-------- AVAILABLE DATA
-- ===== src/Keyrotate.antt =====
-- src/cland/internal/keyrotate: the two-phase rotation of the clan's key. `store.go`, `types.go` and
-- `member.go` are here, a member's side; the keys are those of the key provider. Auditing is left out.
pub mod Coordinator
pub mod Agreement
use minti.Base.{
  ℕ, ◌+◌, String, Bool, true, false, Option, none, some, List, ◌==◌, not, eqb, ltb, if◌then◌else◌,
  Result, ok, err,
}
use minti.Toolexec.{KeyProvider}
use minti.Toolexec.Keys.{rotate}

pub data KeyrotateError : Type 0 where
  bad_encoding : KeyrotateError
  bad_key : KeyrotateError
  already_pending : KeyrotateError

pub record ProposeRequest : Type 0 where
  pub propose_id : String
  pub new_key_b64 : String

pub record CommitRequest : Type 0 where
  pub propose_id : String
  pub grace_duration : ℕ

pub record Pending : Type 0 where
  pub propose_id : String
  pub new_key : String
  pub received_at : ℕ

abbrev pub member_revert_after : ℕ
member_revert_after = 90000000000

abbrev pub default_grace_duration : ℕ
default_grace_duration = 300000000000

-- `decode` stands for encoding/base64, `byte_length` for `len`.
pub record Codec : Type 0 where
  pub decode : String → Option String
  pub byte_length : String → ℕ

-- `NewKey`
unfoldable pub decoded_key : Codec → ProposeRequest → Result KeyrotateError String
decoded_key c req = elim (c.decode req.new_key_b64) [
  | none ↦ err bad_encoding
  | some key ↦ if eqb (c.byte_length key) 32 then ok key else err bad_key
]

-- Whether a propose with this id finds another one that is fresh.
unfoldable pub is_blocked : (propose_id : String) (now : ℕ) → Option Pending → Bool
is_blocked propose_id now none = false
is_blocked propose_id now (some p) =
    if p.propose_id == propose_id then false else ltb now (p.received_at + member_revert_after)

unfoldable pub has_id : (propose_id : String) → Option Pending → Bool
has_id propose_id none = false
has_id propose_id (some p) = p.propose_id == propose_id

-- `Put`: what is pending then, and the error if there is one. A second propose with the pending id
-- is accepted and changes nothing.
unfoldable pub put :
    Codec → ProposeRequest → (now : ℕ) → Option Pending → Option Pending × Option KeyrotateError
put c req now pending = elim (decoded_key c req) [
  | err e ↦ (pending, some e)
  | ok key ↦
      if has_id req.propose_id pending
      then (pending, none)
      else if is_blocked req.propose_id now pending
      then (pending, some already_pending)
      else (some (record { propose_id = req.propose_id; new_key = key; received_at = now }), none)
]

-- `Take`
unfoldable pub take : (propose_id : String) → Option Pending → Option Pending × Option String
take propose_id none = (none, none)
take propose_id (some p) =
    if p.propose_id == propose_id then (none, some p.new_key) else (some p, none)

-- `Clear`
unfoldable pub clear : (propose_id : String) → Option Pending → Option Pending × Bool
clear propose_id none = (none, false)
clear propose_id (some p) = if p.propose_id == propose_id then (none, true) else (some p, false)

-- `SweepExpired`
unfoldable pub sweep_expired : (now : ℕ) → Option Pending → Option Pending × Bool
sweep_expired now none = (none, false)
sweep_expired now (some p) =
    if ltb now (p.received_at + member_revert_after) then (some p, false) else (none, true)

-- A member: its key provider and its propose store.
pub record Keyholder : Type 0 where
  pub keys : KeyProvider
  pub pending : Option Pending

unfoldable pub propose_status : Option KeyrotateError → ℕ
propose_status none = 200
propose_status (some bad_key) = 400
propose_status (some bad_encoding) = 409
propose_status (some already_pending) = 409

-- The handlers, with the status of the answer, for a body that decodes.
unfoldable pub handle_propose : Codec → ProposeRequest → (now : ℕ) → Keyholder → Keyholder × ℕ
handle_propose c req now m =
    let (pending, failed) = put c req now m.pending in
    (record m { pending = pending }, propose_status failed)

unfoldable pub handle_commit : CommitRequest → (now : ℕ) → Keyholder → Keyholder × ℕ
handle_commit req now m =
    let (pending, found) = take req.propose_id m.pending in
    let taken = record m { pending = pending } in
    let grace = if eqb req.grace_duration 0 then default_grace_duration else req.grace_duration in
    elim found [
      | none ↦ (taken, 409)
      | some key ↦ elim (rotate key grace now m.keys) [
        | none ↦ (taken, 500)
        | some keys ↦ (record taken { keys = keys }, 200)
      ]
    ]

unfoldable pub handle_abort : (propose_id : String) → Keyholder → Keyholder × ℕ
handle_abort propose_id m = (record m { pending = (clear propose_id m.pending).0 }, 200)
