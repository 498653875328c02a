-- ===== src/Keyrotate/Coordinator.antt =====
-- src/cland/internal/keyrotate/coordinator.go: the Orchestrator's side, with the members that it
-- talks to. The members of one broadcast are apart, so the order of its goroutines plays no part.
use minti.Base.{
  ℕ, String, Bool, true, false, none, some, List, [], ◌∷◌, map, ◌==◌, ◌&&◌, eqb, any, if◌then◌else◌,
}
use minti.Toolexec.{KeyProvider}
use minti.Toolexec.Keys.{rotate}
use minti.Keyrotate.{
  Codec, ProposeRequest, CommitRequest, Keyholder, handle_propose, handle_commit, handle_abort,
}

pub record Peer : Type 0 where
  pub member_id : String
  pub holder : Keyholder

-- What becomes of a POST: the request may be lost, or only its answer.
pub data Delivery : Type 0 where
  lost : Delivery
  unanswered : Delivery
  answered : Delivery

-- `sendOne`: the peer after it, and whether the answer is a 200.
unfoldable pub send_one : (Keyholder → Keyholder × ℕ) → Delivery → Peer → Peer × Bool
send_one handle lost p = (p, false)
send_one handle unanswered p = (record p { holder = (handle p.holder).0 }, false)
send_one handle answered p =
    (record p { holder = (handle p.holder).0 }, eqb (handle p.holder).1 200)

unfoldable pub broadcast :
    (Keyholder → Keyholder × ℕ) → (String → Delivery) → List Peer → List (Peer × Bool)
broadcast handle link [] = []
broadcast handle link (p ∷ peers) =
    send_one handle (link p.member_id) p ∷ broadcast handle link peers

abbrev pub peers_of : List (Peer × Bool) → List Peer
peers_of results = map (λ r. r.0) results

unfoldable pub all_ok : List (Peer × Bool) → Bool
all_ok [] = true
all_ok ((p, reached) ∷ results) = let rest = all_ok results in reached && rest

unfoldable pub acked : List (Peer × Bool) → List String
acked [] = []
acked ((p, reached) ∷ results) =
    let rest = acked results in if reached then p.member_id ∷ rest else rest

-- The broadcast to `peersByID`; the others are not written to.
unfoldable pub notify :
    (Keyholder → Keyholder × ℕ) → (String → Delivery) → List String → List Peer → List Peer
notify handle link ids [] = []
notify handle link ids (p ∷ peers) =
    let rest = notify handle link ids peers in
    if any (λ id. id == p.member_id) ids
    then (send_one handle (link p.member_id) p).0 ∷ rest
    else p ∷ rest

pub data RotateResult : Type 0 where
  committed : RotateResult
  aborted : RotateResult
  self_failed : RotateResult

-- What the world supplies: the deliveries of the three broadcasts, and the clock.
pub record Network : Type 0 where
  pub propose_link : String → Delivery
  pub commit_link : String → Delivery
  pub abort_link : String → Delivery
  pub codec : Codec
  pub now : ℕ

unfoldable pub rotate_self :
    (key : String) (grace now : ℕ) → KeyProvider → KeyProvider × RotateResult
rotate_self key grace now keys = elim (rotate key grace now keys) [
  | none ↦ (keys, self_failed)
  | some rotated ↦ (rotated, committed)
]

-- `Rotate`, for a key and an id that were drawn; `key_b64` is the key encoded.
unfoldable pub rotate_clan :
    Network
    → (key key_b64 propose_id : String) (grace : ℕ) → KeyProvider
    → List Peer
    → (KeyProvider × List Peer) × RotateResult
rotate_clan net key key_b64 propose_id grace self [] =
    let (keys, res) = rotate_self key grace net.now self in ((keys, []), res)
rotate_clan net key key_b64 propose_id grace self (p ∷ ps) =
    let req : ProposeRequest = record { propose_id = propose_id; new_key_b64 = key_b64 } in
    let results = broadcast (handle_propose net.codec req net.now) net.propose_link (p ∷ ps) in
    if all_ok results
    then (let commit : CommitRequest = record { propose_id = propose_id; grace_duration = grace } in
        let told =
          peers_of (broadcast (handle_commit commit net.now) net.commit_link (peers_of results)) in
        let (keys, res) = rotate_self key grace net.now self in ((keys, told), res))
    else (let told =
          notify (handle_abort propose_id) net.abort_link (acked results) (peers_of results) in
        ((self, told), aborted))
----------------
YOUR TASK
Among the entries above, find the line with "broadcast handle link (p" and the line with "if all_ok results"; give again exactly these two lines and all lines between them.

TASK RESPONSE
broadcast handle link (p ∷ peers) =
    send_one handle (link p.member_id) p ∷ broadcast handle link peers

abbrev pub peers_of : List (Peer × Bool) → List Peer
peers_of results = map (λ r. r.0) results

unfoldable pub all_ok : List (Peer × Bool) → Bool
all_ok [] = true
all_ok ((p, reached) ∷ results) = let rest = all_ok results in reached && rest

unfoldable pub acked : List (Peer × Bool) → List String
acked [] = []
acked ((p, reached) ∷ results) =
    let rest = acked results in if reached then p.member_id ∷ rest else rest

-- The broadcast to `peersByID`; the others are not written to.
unfoldable pub notify :
    (Keyholder → Keyholder × ℕ) → (String → Delivery) → List String → List Peer → List Peer
notify handle link ids [] = []
notify handle link ids (p ∷ peers) =
    let rest = notify handle link ids peers in
    if any (λ id. id == p.member_id) ids
    then (send_one handle (link p.member_id) p).0 ∷ rest
    else p ∷ rest

pub data RotateResult : Type 0 where
  committed : RotateResult
  aborted : RotateResult
  self_failed : RotateResult

-- What the world supplies: the deliveries of the three broadcasts, and the clock.
pub record Network : Type 0 where
  pub propose_link : String → Delivery
  pub commit_link : String → Delivery
  pub abort_link : String → Delivery
  pub codec : Codec
  pub now : ℕ

unfoldable pub rotate_self :
    (key : String) (grace now : ℕ) → KeyProvider → KeyProvider × RotateResult
rotate_self key grace now keys = elim (rotate key grace now keys) [
  | none ↦ (keys, self_failed)
  | some rotated ↦ (rotated, committed)
]

-- `Rotate`, for a key and an id that were drawn; `key_b64` is the key encoded.
unfoldable pub rotate_clan :
    Network
    → (key key_b64 propose_id : String) (grace : ℕ) → KeyProvider
    → List Peer
    → (KeyProvider × List Peer) × RotateResult
rotate_clan net key key_b64 propose_id grace self [] =
    let (keys, res) = rotate_self key grace net.now self in ((keys, []), res)
rotate_clan net key key_b64 propose_id grace self (p ∷ ps) =
    let req : ProposeRequest = record { propose_id = propose_id; new_key_b64 = key_b64 } in
    let results = broadcast (handle_propose net.codec req net.now) net.propose_link (p ∷ ps) in
    if all_ok results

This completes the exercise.